---------- Task material ----------

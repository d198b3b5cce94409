-- ===== src/Version/Refresh/Outcomes.antt =====
-- What a background refresh of internal/service/version/service.go counts, sends and writes.
use svm_go.Prelude.{
  ◌≡◌, ◌≢◌, ◌⊎◌, ◌∙◌, ap, refl, sym, true, false, none, some, [], ◌∷◌, ◌++◌, Str, arith, Bool-cases,
  Option-cases, inl, inr, is_empty,
}
use mathlib.Core.Path.{ap, subst}
use svm_go.Cache.{Record}
use svm_go.Platform.{Platform}
use svm_go.Text.{trim_space}
use svm_go.Version.Handle.{observe_response}
use svm_go.Version.Refresh.{
  refresh_ok, refresh_answer, refresh_request, refresh_send, refresh_cached_record,
  refresh_once_by_key,
}
use svm_go.Version.Refresh.Answers.{
  refresh_counters, skipped_once, failed_once, Answered, failed, no_answer, answered_world,
  Answered-SameRefreshes, answered_world-SameRefreshes, refresh_answer-Answered,
}
use svm_go.Version.Status.{is_negative_cacheable_status}
use svm_go.Version.Records.{
  IsGone, is_negative_cacheable_status-IsGone, is_negative_cacheable_status-not,
}
use svm_go.Version.Store.{CacheStore}
use svm_go.Version.World.{
  Config, Sent, World, UpstreamResponse, Fetched, fetched, fetch_error, Outside,
}

empty_text : (s : Str) → is_empty s ≡ true → s ≡ []
empty_text [] h = refl
empty_text (c ∷ s) h = absurd (cc h)

module _ (pl : Platform) (store : CacheStore) (cfg : Config) where
  -- A refresh of a positive record: it is sent, with the record's etag, and then answered.
  refresh_cached_record-Answered :
      (out : Outside) (key url : Str) (r : Record) (w : World store.State)
      → is_negative_cacheable_status r.source_status ≡ false
      → ((refresh_cached_record pl store cfg out key url r w).sent
          ≡ w.sent ++ refresh_request pl store cfg url out.choosing_at r w ∷ [])
        × Answered pl store cfg key url out.now r
            (out.upstream (refresh_request pl store cfg url out.choosing_at r w))
            w
            (refresh_cached_record pl store cfg out key url r w)
  refresh_cached_record-Answered out key url r w positive =
      go (out.upstream (refresh_request pl store cfg url out.choosing_at r w)) refl
    where
      sent-answer :
          (resp : UpstreamResponse)
          → (refresh_answer pl store cfg key url out.now r resp
              (answered_world pl store cfg out url r resp w)).sent
            ≡ w.sent ++ refresh_request pl store cfg url out.choosing_at r w ∷ []
      sent-answer resp =
          unfold refresh_answer in
          unfold refresh_ok in unfold observe_response in unfold refresh_send in ground arith

      go :
          (f : Fetched)
          → out.upstream (refresh_request pl store cfg url out.choosing_at r w) ≡ f
          → ((refresh_cached_record pl store cfg out key url r w).sent
              ≡ w.sent ++ refresh_request pl store cfg url out.choosing_at r w ∷ [])
            × Answered pl store cfg key url out.now r f w
                (refresh_cached_record pl store cfg out key url r w)
      go fetch_error e = (
        unfold refresh_cached_record in unfold refresh_send in ground arith,
        failed no_answer (unfold refresh_cached_record in unfold refresh_send in ground arith)
            (unfold refresh_cached_record in unfold refresh_send in ground arith),
      )
      go (fetched resp) e =
          let same : refresh_cached_record pl store cfg out key url r w
              ≡ refresh_answer pl store cfg key url out.now r resp
                  (answered_world pl store cfg out url r resp w) =
            unfold refresh_cached_record in ground arith in
          (
            ap (λ x. x.sent) same ∙ sent-answer resp,
            subst (Answered pl store cfg key url out.now r (fetched resp) w) (sym same) (
                Answered-SameRefreshes pl store cfg key url out.now r (fetched resp) w
                  (answered_world pl store cfg out url r resp w)
                  (refresh_answer pl store cfg key url out.now r resp
                    (answered_world pl store cfg out url r resp w))
                  (answered_world-SameRefreshes pl store cfg out url r resp w)
                  (refresh_answer-Answered pl store cfg key url out.now r resp
                    (answered_world pl store cfg out url r resp w))),
          )

  -- What a refresh by key does.
  pub data Refreshed (key : Str) (out : Outside) (w w' : World store.State) : Type 0 where
    skipped :
        (store.read key w.store).0.failed ≡ false
        → ((store.read key w.store).0.found ≡ none)
          ⊎ ((r : Record) × ((store.read key w.store).0.found ≡ some r)
              × (IsGone r.source_status ⊎ (trim_space pl.unicode r.url ≡ [])))
        → refresh_counters w'.metrics ≡ skipped_once w.metrics
        → w'.sent ≡ w.sent
        → w'.store ≡ (store.read key w.store).1
        → Refreshed key out w w'
    unread :
        (store.read key w.store).0.failed ≡ true
        → refresh_counters w'.metrics ≡ failed_once w.metrics
        → w'.sent ≡ w.sent
        → w'.store ≡ (store.read key w.store).1
        → Refreshed key out w w'
    tried :
        (r : Record) (request : Sent)
        → (store.read key w.store).0.failed ≡ false
        → (store.read key w.store).0.found ≡ some r
        → (IsGone r.source_status → ⊥)
        → trim_space pl.unicode r.url ≢ []
        → (request.url ≡ r.url) × (request.etag ≡ r.etag)
        → w'.sent ≡ w.sent ++ request ∷ []
        → Answered pl store cfg key r.url out.now r
            (out.upstream request)
            (record w { store = (store.read key w.store).1 })
            w'
        → Refreshed key out w w'

  -- A refresh by key is counted once, as updated, not modified, skipped or failed. A key that the
  -- cache does not give, a negative record and a record without a URL are skipped, and a failed read
  -- is a failure: nothing is sent and nothing written. Any other record is asked for again, once, at
  -- its URL with its etag: after a 200 with valid JSON within the limit, its record is written; after a
  -- 304, the old one with new times; and after any other answer or none, the refresh has failed and
  -- the cache is as the read left it.
  pub refresh_once_by_key-Refreshed :
      (out : Outside) (key : Str) (w : World store.State)
      → Refreshed key out w (refresh_once_by_key pl store cfg out key w)
  refresh_once_by_key-Refreshed out key w = elim (Bool-cases (store.read key w.store).0.failed) [
    | inl broken ↦
        unread broken (unfold refresh_once_by_key in ground arith)
          (unfold refresh_once_by_key in ground arith) (unfold refresh_once_by_key in ground arith)
    | inr sound ↦ elim (Option-cases (store.read key w.store).0.found) [
      | inl missing ↦
          skipped sound (inl missing) (unfold refresh_once_by_key in ground arith)
            (unfold refresh_once_by_key in ground arith)
            (unfold refresh_once_by_key in ground arith)
      | inr (r, found) ↦ elim (Bool-cases (is_empty (trim_space pl.unicode r.url))) [
        | inl blank ↦
            skipped sound (inr (r, found, inr (empty_text (trim_space pl.unicode r.url) blank)))
              (unfold refresh_once_by_key in ground arith)
              (unfold refresh_once_by_key in ground arith)
              (unfold refresh_once_by_key in ground arith)
        | inr named ↦ present r found sound named
      ]
    ]
  ]
    where
      present :
          (r : Record)
          → (store.read key w.store).0.found ≡ some r
          → (store.read key w.store).0.failed ≡ false
          → is_empty (trim_space pl.unicode r.url) ≡ false
          → Refreshed key out w (refresh_once_by_key pl store cfg out key w)
      present r found sound named =
          let w' : World store.State = record w { store = (store.read key w.store).1 } in
          let same : refresh_once_by_key pl store cfg out key w
              ≡ refresh_cached_record pl store cfg out key r.url r w' =
            unfold refresh_once_by_key in ground arith in
          elim (Bool-cases (is_negative_cacheable_status r.source_status)) [
            | inl negative ↦
                skipped sound
                  (inr (
                    r,
                    found,
                    inl ((is_negative_cacheable_status-IsGone r.source_status).0 negative),
                  ))
                  (ap (λ x. refresh_counters x.metrics) same
                    ∙ (unfold refresh_cached_record in ground arith))
                  (ap (λ x. x.sent) same ∙ (unfold refresh_cached_record in ground arith))
                  (ap (λ x. x.store) same ∙ (unfold refresh_cached_record in ground arith))
            | inr positive ↦
                let (sent, answered) = refresh_cached_record-Answered out key r.url r w' positive in
                tried r (refresh_request pl store cfg r.url out.choosing_at r w') sound found
                  ((is_negative_cacheable_status-not r.source_status).0 positive)
                  (λ e. absurd (cc (e, named))) (unfold refresh_request in (refl, refl))
                  (ap (λ x. x.sent) same ∙ sent)
                  (subst
                    (Answered pl store cfg key r.url out.now r
                      (out.upstream (refresh_request pl store cfg r.url out.choosing_at r w')) w')
                    (sym same) answered)
          ]
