-- ===== src/Version/Keeps.antt =====
-- What the store of internal/service/version keeps through every operation of the service and of the
-- scheduler, when its own reads and writes keep it.
use svm_go.Prelude.{
  length-append, ◌≤◌, length, ℕ, ◌≡◌, Bool, Option, none, some, List, [], ◌∷◌, Str, is_empty,
  Bool-cases, inl, inr, arith, if◌then◌else◌,
}
use mathlib.Core.Path.{sym, subst}
use svm_go.Cache.{Record}
use svm_go.Cache.Clock.{Time, Duration}
use svm_go.Cache.Policy.{Policy}
use svm_go.Platform.{Platform}
use svm_go.Version.{Request}
use svm_go.Version.Handle.{handle, do_alone, handle_with, handle_uncoalesced, fetch_upstream}
use svm_go.Version.Handle.Cases.{Result, handle_with_cases, after_read, looked_up}
use svm_go.Version.Handle.Stored.{Stores, unchanged, of_ok, of_negative, of_not_modified}
use svm_go.Version.Handle.Writes.{answer_to, fetch_upstream-Stores}
use svm_go.Version.Queue.{RefreshQueue, enqueue}
use svm_go.Version.Scheduler.Cases.{sweep_cases}
use svm_go.Version.Refresh.{refresh_once_by_key}
use svm_go.Version.Refresh.Answers.{Answered, updated, not_modified, failed}
use svm_go.Version.Refresh.Outcomes.{skipped, unread, tried, refresh_once_by_key-Refreshed}
use svm_go.Version.Scheduler.{Sources, enqueue_all, select_due, sweep_keys, sweep}
use svm_go.Version.Store.{Lookup, CacheStore}
use svm_go.Version.World.{Fetched, Config, World, Outside}

-- Reads and writes keep a property of the store.
pub record Kept (store : CacheStore) (K : store.State → Type 0) : Type 0 where
  pub read : (k : Str) (t : store.State) → K t → K (store.read k t).1
  pub get : (k : Str) (t : store.State) → K t → K (store.get k t).1
  pub set : (k : Str) (r : Record) (t : store.State) → K t → K (store.set k r t)

module _ (pl : Platform) (store : CacheStore) (cfg : Config) (K : store.State → Type 0)
    (kept : Kept store K) where
  Stores-kept :
      (lk : Lookup) (url key : Str) (now : Time) (answer : Fetched) (t u : store.State)
      → Stores pl store cfg lk url key now answer t u
      → K t
      → K u
  Stores-kept lk url key now answer t u (unchanged _ e) k = subst K (sym e) k
  Stores-kept lk url key now answer t u (of_ok _ _ r _ _ _ e) k =
      subst K (sym e) (kept.set key r t k)
  Stores-kept lk url key now answer t u (of_negative _ r _ _ _ e) k =
      subst K (sym e) (kept.set key r t k)
  Stores-kept lk url key now answer t u (of_not_modified _ _ r _ _ _ _ e) k =
      subst K (sym e) (kept.set key r t k)

  handle_with-kept :
      (on_miss : (url key : Str) → Lookup → Time → World store.State → Result pl store cfg)
      (now : Time) (request : Request) (w : World store.State)
      → ((url key : Str) (lk : Lookup) (v : World store.State)
          → K v.store
          → K (on_miss url key lk now v).1.store)
      → K w.store
      → K (handle_with pl store cfg on_miss now request w).1.store
  handle_with-kept on_miss now request w missed k =
      handle_with_cases pl store cfg (λ res. K res.1.store) on_miss now request w (λ e _. k)
        (λ url key r _ _. kept.read key w.store k)
        (λ url key _ _.
          missed url key (looked_up pl store cfg key w) (after_read pl store cfg request key w)
            (kept.read key w.store k))

  handle_uncoalesced-kept :
      (out : Outside) (request : Request) (w : World store.State)
      → K w.store
      → K (handle_uncoalesced pl store cfg out request w).1.store
  unfolding handle_uncoalesced
  handle_uncoalesced-kept out request w =
      handle_with-kept (fetch_upstream pl store cfg out request.force_refresh) out.now request w
        (λ url key lk v k.
          Stores-kept lk url key out.now (answer_to pl store cfg out url lk v) v.store
            (fetch_upstream pl store cfg out request.force_refresh url key lk out.now v).1.store
            (fetch_upstream-Stores pl store cfg out request.force_refresh url key lk out.now v) k)

  -- A call of the service keeps what its store keeps.
  pub handle-kept :
      (canceled : Bool) (out : Outside) (now : Time) (request : Request) (w : World store.State)
      → K w.store
      → K (handle pl store cfg canceled out now request w).1.store
  unfolding handle do_alone
  handle-kept canceled out now request w =
      handle_with-kept (λ url key lk now' w'. do_alone pl store cfg canceled out request key w') now
        request w (λ url key lk v k. handle_uncoalesced-kept out request v k)

  Answered-kept :
      (key url : Str) (now : Time) (r : Record) (answer : Fetched) (w w' : World store.State)
      → Answered pl store cfg key url now r answer w w'
      → K w.store
      → K w'.store
  Answered-kept key url now r answer w w' (updated _ _ fresh _ _ _ _ e) k =
      subst K (sym e) (kept.set key fresh w.store k)
  Answered-kept key url now r answer w w' (not_modified _ old _ _ _ _ e) k =
      subst K (sym e) (kept.set key old w.store k)
  Answered-kept key url now r answer w w' (failed _ _ e) k = subst K (sym e) k

  -- A background refresh keeps it too.
  pub refresh_once_by_key-kept :
      (out : Outside) (key : Str) (w : World store.State)
      → K w.store
      → K (refresh_once_by_key pl store cfg out key w).store
  refresh_once_by_key-kept out key w k =
      elim (refresh_once_by_key-Refreshed pl store cfg out key w) [
        | skipped _ _ _ _ e ↦ subst K (sym e) (kept.read key w.store k)
        | unread _ _ _ e ↦ subst K (sym e) (kept.read key w.store k)
        | tried r request _ _ _ _ _ _ a ↦
            Answered-kept key r.url out.now r (out.upstream request)
              (record w { store = (store.read key w.store).1 })
              (refresh_once_by_key pl store cfg out key w) a (kept.read key w.store k)
      ]

abbrev pub IsBounded : Option RefreshQueue → Type 0
IsBounded none = Unit
IsBounded (some q) = length q.keys ≤ q.size

enqueue-IsBounded :
    (key : Str) (q : RefreshQueue) → IsBounded (some q) → IsBounded (some (enqueue key q).1)
unfolding enqueue
enqueue-IsBounded key q b = ground (arith, length-append q.keys (key ∷ []))

enqueue_all-IsBounded :
    (keys : List Str) (q : RefreshQueue)
    → IsBounded (some q)
    → IsBounded (some (enqueue_all keys q).1)
unfolding enqueue_all
enqueue_all-IsBounded [] q b = b
enqueue_all-IsBounded (key ∷ keys) q b =
    let rest = enqueue_all-IsBounded keys (enqueue key q).1 (enqueue-IsBounded key q b) in
    elim (Bool-cases (enqueue key q).0) [
      | inl taken ↦ rw taken rest
      | inr dropped ↦ rw dropped rest
    ]

module _ (store : CacheStore) (K : store.State → Type 0) (kept : Kept store K) where
  select_due-store :
      (now : Time) (interval : Duration) (key : Str) (keys : List Str) (st : store.State)
      → (select_due store now interval (key ∷ keys) st).1 ≡ (
          if is_empty key
          then (select_due store now interval keys st).1
          else (select_due store now interval keys (store.get key st).1).1)
  unfolding select_due
  select_due-store now interval key keys st = ground arith

  select_due-kept :
      (now : Time) (interval : Duration) (keys : List Str) (st : store.State)
      → K st
      → K (select_due store now interval keys st).1
  unfolding select_due
  select_due-kept now interval [] st k = k
  select_due-kept now interval (key ∷ keys) st k =
      subst K (sym (select_due-store now interval key keys st)) (elim (Bool-cases (is_empty key)) [
        | inl blank ↦ rw blank (select_due-kept now interval keys st k)
        | inr named ↦
            rw named (select_due-kept now interval keys (store.get key st).1 (kept.get key st k))
      ])

  abbrev pub KeptStore : Option store.State → Type 0
  KeptStore none = Unit
  KeptStore (some st) = K st

  sweep_keys-kept :
      (policy : Policy) (now : Time) (l : List Str) (st : store.State) (q : RefreshQueue)
      → K st
      → IsBounded (some q)
      → let swept = sweep_keys store policy now l st q in K swept.1 × IsBounded (some swept.2)
  unfolding sweep_keys
  sweep_keys-kept policy now l st q k b = (
    select_due-kept now policy.revalidate_interval l st k,
    enqueue_all-IsBounded (select_due store now policy.revalidate_interval l st).0.0 q b,
  )

  -- A sweep keeps what the store keeps, and the bound of the queue.
  pub sweep-kept :
      (policy : Policy) (done : ℕ → Bool) (now : Time) (s : Sources store.State)
      → KeptStore s.cache_store
      → IsBounded s.queue
      → KeptStore (sweep store policy done now s).1.cache_store
        × IsBounded (sweep store policy done now s).1.queue
  sweep-kept policy done now s k b =
      sweep_cases store (λ res. KeptStore res.1.cache_store × IsBounded res.1.queue) policy done now
        s (λ tracker. (k, b))
        (λ tracker l st q c e. sweep_keys-kept policy now l st q (rw c at k) (rw e at b))
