-- ===== src/App/Runs/Within.antt =====
-- The cache stays within its budget in every request of the application of cmd/svm/main.go.
use svm_go.Prelude.{ℕ, ◌≡◌, refl, Bool, Option, none, some, List, Str}
use mathlib.Core.Path.{sym, subst}
use svm_go.App.AccessLog.{RequestLogs, request_log_entry, enqueue_client_request_log}
use svm_go.App.Clients.{Net}
use svm_go.App.Server.{
  App, RunningApp, serve, service_of, access_log_hook, app_handlers, version_handler,
}
use svm_go.Cache.Clock.{Time}
use svm_go.Http.{HttpRequest, HttpResponse, with_access_log, new_router}
use svm_go.Http.Counters.{metrics_handler}
use svm_go.Http.Routes.{new_router_cases}
use svm_go.Http.Service.{Encoder, handle_version, version_service, health_handler, ping_handler}
use svm_go.Cache.{Record}
use svm_go.L1
use svm_go.L1.{Cache, new_cache_with_max_bytes}
use svm_go.L1.Runs.{
  Call, get_call, get_readonly_call, set_call, call, spec_call, Stands, call-Stands,
}
use svm_go.Platform.{Platform}
use svm_go.Version.Keeps.{Kept, handle-kept}
use svm_go.Version.Store.Memory.{memory_store, store_get, store_get_readonly, store_set}
use svm_go.Version.World.{Outside}

-- The cache stands for a list of records, and accounts no more than its budget.
abbrev pub IsWithin : ℕ → Option Cache → Type 0
IsWithin budget none = Unit
IsWithin budget (some c) = (l : List (Str × Record)) × Stands budget c l

call-IsWithin :
    (budget : ℕ) (x : Call) (c : Cache)
    → IsWithin budget (some c)
    → IsWithin budget (some (call x c).1)
call-IsWithin budget x c (l, stands) =
    ((spec_call budget x l).1, (call-Stands budget x c l stands).1)

pub store_kept : (budget : ℕ) → Kept memory_store (IsWithin budget)
unfolding L1.get_readonly call
store_kept budget = record { read = read_kept; get = get_kept; set = set_kept }
  where
    read_kept :
        (k : Str) (t : Option Cache) → IsWithin budget t → IsWithin budget (memory_store.read k t).1
    read_kept k none w = unfold store_get_readonly in w
    read_kept k (some c) w =
        unfold store_get_readonly in call-IsWithin budget (get_readonly_call k) c w

    get_kept :
        (k : Str) (t : Option Cache) → IsWithin budget t → IsWithin budget (memory_store.get k t).1
    get_kept k none w = unfold store_get in w
    get_kept k (some c) w = unfold store_get in call-IsWithin budget (get_call k) c w

    set_kept :
        (k : Str) (r : Record) (t : Option Cache)
        → IsWithin budget t
        → IsWithin budget (memory_store.set k r t)
    set_kept k r none w = unfold store_set in w
    set_kept k r (some c) w = unfold store_set in call-IsWithin budget (set_call k r) c w

module _ (pl : Platform) (net : Net) (enc : Encoder) (not_found : HttpResponse → HttpResponse)
    (app : App) (budget : ℕ) where
  hook-store :
      (req : HttpRequest) (resp : HttpResponse) (w : RunningApp)
      → (access_log_hook pl net app req resp w).world.store ≡ w.world.store
  unfolding access_log_hook
  hook-store req resp w = go _ refl
    where
      go :
          (o : Option RequestLogs)
          → enqueue_client_request_log
              (request_log_entry pl net app.trusted_networks req resp)
              (record w.logs { metrics = w.world.metrics })
            ≡ o
          → (access_log_hook pl net app req resp w).world.store ≡ w.world.store
      go none e = rw (access_log_hook, e) refl
      go (some logs) e = rw (access_log_hook, e) refl

  pub serve-IsWithin :
      (canceled : Bool) (out : Outside) (now : Time) (req : HttpRequest) (resp : HttpResponse)
      (w : RunningApp)
      → (IsWithin budget) w.world.store
      → (IsWithin budget) (serve pl net enc not_found app canceled out now req resp w).1.world.store
  unfolding serve with_access_log
  serve-IsWithin canceled out now req resp w v =
      let routes = app_handlers pl enc app canceled out now in
      let (resp', w') = new_router not_found routes req resp w in
      subst (IsWithin budget) (sym (hook-store req resp' w')) (
        new_router_cases (λ res. (IsWithin budget) res.1.world.store) not_found routes req resp w v
          v
          (λ _ _.
            unfold app_handlers in
            unfold version_handler in
            unfold handle_version in
            unfold version_service in
            handle-kept pl memory_store (service_of pl app) (IsWithin budget) (store_kept budget)
              canceled out now _ w.world v)
          (unfold app_handlers in unfold ping_handler in v)
          (unfold app_handlers in unfold health_handler in v)
          (unfold app_handlers in unfold metrics_handler in v))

----------

Filter the lines above, keeping and copying those that contain "unread".

    unread :
        unread broken (unfold refresh_once_by_key in ground arith)
use svm_go.Version.Refresh.Outcomes.{skipped, unread, tried, refresh_once_by_key-Refreshed}
        | unread _ _ _ e ↦ subst K (sym e) (kept.read key w.store k)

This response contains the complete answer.